• [Data under study]
+-------+

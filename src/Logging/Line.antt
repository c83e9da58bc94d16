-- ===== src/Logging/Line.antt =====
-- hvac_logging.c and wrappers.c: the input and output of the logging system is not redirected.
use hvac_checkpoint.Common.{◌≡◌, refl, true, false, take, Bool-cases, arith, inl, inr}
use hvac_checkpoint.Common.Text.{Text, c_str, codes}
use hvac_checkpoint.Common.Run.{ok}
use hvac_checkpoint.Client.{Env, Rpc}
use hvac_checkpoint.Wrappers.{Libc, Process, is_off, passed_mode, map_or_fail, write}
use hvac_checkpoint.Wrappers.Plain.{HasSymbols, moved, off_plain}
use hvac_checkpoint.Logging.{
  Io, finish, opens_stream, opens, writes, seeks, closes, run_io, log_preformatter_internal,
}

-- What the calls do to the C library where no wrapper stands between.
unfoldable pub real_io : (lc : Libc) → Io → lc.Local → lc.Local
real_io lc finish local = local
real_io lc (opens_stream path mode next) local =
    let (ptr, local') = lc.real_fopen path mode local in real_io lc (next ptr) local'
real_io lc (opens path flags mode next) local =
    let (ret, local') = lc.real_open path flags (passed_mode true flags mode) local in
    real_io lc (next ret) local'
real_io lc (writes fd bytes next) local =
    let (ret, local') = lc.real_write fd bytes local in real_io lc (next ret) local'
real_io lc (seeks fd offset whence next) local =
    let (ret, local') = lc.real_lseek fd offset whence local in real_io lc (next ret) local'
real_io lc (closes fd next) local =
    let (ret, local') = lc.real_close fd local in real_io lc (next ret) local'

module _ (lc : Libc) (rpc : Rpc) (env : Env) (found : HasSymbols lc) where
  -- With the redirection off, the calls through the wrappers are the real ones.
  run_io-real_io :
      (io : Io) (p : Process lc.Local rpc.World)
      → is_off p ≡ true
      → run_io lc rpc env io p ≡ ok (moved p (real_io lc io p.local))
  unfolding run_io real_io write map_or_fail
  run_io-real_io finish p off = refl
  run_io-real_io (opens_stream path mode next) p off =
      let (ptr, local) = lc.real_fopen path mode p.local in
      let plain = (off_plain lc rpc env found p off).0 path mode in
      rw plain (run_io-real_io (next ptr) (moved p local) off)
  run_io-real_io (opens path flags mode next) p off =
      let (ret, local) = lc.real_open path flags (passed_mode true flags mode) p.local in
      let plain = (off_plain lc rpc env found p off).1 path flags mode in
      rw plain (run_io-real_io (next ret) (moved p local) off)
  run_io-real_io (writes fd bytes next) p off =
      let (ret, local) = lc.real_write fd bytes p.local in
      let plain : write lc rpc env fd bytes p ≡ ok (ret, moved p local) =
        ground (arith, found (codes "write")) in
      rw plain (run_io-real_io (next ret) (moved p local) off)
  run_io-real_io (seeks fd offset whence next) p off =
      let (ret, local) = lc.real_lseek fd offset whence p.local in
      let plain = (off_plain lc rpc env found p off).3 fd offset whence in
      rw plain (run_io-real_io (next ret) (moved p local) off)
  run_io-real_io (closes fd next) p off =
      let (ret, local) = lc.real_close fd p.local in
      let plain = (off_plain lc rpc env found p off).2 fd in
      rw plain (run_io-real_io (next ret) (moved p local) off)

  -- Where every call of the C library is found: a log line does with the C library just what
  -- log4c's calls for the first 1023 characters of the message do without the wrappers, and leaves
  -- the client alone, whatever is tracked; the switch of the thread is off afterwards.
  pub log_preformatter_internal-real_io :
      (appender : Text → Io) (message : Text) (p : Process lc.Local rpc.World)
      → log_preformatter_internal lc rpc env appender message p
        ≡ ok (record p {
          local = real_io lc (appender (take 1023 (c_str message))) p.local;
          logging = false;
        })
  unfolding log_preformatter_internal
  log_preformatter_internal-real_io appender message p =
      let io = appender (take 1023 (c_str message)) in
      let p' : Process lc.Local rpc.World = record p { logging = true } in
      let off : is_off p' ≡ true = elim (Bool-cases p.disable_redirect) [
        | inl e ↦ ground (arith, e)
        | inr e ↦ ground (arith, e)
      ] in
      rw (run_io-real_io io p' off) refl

+-------+

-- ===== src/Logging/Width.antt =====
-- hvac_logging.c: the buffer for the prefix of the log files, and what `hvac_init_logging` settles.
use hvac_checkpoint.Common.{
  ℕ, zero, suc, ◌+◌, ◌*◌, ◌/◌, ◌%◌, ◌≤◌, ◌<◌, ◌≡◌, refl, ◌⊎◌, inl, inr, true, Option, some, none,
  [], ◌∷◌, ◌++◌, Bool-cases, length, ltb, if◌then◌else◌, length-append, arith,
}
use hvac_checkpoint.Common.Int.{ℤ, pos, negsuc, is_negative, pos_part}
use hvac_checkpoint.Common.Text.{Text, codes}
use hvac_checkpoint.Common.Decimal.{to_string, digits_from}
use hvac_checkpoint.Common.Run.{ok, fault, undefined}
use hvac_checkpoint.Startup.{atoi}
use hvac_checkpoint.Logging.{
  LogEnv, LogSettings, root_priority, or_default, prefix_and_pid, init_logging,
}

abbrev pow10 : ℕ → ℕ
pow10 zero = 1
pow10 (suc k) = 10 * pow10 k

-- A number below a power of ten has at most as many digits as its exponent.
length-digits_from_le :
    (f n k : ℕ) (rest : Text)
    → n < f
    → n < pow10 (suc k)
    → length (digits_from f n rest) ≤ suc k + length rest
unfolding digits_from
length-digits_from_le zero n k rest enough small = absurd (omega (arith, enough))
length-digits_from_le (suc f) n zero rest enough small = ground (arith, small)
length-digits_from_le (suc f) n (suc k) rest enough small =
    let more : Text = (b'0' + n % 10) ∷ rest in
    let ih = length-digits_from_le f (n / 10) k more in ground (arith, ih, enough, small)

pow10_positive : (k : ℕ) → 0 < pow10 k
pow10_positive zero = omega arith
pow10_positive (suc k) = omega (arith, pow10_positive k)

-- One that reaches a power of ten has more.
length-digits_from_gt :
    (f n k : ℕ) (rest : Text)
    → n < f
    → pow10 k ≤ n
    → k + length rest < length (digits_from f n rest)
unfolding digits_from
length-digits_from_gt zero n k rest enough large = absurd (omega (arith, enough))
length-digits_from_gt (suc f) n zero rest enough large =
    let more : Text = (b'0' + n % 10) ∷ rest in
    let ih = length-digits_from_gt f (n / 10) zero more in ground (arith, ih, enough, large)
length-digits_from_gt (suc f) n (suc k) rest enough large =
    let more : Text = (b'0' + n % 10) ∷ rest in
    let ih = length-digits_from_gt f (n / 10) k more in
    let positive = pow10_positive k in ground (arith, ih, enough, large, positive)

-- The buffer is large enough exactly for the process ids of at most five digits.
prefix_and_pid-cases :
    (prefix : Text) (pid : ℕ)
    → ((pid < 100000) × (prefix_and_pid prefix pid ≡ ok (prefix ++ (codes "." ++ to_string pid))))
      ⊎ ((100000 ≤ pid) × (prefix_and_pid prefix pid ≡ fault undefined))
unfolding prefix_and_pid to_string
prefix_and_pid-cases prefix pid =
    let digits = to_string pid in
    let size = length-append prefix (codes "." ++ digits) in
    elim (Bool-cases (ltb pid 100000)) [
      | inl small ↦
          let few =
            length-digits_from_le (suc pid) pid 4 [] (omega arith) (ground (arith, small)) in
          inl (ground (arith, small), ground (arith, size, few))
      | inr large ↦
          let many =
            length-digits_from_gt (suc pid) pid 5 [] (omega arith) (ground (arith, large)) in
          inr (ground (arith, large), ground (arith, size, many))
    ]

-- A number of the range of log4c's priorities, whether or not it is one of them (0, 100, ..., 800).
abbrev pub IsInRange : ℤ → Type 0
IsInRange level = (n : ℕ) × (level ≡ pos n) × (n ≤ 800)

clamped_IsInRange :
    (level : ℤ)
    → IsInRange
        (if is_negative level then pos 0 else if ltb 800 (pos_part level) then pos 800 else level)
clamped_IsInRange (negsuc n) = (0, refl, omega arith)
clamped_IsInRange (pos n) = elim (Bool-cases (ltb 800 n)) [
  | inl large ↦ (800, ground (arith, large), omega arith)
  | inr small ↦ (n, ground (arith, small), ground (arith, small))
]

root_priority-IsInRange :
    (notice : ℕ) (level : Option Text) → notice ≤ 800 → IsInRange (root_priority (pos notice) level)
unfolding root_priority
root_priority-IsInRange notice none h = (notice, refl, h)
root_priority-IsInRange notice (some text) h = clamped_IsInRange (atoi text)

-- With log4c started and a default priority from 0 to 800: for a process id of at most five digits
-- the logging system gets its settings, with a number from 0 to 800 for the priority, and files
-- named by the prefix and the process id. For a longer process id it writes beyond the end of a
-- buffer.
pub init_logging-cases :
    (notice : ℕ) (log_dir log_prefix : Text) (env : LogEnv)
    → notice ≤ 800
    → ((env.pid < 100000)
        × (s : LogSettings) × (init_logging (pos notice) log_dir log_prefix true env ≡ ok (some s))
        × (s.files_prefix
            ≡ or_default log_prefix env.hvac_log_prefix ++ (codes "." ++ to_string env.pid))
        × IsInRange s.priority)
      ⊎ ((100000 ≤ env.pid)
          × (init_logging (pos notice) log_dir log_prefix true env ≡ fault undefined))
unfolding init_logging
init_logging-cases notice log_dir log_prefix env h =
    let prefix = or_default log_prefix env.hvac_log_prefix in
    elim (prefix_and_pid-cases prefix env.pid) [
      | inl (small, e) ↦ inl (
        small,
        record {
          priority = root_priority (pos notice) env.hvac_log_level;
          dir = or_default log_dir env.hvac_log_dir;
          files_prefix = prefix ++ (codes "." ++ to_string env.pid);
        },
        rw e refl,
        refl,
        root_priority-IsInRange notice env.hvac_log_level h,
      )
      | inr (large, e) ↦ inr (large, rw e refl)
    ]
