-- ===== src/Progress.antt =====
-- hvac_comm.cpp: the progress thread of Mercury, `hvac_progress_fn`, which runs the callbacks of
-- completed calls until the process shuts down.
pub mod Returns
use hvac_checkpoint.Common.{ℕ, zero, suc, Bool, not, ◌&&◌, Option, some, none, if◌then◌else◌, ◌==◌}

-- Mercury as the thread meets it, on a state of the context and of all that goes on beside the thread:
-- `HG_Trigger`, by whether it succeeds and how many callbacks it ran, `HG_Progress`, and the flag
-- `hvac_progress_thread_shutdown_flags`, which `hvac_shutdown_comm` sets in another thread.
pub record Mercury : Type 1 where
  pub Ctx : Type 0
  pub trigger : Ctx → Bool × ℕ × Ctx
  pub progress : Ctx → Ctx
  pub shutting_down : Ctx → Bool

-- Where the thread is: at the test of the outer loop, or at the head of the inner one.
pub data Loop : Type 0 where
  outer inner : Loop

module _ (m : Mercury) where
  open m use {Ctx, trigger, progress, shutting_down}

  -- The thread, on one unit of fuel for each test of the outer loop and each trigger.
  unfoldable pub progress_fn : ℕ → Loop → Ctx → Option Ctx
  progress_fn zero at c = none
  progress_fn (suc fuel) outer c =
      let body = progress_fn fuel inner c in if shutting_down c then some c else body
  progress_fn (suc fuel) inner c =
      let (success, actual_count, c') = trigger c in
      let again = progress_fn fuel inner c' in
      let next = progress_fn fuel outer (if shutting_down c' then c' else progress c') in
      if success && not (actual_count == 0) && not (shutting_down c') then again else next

+-------+

Using the material, count the lines where the word "LogSettings" appears. Give the number by itself.

• [Task solution] 2